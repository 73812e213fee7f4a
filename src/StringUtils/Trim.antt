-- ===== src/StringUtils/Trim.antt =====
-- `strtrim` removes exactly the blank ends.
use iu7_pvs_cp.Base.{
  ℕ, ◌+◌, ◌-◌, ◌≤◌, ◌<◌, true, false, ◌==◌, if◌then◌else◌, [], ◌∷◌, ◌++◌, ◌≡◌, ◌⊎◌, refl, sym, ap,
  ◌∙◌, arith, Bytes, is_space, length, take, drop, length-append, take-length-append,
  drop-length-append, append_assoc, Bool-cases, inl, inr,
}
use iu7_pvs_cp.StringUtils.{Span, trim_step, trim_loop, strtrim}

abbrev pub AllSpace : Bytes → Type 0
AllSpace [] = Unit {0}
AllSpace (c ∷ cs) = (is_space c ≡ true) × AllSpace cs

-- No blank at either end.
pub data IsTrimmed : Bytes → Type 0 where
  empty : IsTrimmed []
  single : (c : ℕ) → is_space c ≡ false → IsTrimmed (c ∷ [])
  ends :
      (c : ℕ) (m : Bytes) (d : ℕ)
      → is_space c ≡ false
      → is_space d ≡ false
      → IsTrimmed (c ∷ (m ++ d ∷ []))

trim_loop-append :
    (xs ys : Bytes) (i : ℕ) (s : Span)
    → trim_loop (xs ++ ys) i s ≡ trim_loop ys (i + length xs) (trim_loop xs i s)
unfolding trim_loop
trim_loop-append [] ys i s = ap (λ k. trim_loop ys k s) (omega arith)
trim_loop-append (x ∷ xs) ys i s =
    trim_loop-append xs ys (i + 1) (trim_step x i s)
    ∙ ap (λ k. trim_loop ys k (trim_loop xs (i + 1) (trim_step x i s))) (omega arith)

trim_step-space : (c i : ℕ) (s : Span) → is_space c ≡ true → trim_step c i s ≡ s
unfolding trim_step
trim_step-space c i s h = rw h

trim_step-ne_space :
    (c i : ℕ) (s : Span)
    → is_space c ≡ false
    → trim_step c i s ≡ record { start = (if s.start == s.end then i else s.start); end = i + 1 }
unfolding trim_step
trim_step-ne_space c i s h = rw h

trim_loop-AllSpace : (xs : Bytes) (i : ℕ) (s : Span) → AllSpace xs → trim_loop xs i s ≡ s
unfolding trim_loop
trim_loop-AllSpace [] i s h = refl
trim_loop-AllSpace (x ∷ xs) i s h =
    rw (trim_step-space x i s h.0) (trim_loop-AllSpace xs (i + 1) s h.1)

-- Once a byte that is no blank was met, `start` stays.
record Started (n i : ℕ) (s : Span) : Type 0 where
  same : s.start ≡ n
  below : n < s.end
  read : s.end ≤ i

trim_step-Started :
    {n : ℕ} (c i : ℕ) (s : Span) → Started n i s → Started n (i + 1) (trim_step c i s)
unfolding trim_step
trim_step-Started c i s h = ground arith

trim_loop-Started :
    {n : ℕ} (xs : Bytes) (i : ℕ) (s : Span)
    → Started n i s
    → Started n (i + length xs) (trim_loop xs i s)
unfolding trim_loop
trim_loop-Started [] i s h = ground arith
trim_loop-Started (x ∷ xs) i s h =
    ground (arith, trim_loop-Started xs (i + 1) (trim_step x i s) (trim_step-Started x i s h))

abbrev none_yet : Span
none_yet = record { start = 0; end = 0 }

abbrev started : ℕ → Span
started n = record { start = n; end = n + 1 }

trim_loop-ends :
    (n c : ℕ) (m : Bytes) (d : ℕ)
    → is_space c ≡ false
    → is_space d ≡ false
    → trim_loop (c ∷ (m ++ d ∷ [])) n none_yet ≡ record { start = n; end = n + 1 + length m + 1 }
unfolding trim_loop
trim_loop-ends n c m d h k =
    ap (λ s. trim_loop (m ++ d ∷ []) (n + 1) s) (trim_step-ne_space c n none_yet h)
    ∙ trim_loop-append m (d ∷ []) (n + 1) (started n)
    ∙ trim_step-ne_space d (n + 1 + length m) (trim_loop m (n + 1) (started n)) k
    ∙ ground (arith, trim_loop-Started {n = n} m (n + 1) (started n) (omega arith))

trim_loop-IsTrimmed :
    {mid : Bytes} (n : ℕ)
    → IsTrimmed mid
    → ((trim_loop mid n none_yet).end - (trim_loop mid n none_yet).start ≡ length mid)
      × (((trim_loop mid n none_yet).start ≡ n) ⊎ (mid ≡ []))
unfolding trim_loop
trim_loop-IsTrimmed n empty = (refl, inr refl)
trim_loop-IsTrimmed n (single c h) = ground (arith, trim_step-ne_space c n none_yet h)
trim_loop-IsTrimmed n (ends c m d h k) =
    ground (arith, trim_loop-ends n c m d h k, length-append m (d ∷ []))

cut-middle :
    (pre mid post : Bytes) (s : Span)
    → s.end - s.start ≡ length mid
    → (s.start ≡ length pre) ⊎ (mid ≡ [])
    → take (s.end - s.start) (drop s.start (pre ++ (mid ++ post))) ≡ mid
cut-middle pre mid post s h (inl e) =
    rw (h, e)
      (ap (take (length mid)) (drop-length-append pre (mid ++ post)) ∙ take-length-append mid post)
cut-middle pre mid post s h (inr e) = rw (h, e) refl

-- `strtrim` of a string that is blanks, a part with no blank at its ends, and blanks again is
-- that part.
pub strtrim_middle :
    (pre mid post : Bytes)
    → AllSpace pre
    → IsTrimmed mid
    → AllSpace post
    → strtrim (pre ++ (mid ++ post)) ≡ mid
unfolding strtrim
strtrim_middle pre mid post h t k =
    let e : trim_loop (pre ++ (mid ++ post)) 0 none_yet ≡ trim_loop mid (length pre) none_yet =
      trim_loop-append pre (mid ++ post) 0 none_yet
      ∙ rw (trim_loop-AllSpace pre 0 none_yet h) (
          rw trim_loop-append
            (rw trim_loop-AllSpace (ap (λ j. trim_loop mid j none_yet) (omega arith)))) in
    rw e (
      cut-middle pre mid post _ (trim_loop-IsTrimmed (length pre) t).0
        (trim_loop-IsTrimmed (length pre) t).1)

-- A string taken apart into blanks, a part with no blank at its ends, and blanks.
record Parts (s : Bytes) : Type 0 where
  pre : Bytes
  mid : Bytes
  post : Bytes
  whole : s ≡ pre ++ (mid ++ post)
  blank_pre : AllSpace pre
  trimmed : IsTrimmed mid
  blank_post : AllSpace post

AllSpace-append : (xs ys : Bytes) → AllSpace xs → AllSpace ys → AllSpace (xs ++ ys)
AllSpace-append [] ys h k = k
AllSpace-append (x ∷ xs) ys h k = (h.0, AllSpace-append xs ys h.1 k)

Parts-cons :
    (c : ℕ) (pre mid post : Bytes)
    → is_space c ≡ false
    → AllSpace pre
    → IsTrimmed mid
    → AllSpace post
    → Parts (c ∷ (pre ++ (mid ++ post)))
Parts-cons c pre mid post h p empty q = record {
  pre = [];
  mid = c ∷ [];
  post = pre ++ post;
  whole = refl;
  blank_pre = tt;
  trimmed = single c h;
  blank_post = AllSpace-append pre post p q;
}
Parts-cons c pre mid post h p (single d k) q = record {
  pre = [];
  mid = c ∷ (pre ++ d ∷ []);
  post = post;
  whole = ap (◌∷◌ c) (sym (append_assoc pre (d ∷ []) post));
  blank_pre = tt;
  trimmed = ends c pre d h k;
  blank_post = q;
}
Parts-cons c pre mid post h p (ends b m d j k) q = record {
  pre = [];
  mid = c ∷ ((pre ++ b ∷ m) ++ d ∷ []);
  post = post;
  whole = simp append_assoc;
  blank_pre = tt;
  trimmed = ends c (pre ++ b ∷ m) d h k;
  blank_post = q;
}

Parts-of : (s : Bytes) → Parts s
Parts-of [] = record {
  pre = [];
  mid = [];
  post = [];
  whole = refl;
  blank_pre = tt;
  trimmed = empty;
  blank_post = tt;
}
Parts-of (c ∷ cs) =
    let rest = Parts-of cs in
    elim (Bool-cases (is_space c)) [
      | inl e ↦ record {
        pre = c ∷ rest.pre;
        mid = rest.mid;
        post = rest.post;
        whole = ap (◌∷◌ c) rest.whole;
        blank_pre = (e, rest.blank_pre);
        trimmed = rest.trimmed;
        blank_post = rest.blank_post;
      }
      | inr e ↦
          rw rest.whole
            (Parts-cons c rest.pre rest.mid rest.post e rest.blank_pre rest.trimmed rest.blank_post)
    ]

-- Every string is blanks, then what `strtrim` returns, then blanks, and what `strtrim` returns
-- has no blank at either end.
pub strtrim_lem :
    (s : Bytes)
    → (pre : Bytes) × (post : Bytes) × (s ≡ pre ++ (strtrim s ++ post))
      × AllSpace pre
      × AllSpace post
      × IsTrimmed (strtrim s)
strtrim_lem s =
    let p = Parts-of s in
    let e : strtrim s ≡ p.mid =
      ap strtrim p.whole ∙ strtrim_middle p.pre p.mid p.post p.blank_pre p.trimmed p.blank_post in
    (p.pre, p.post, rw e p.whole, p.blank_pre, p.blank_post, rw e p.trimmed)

========================================

* WHAT YOU SHOULD DO
Look through the material above for the string "ground" and copy each line that has it.

* TASK SOLUTION
trim_step-Started c i s h = ground arith
trim_loop-Started [] i s h = ground arith
    ground (arith, trim_loop-Started xs (i + 1) (trim_step x i s) (trim_step-Started x i s h))
    ∙ ground (arith, trim_loop-Started {n = n} m (n + 1) (started n) (omega arith))
trim_loop-IsTrimmed n (single c h) = ground (arith, trim_step-ne_space c n none_yet h)
    ground (arith, trim_loop-ends n c m d h k, length-append m (d ∷ []))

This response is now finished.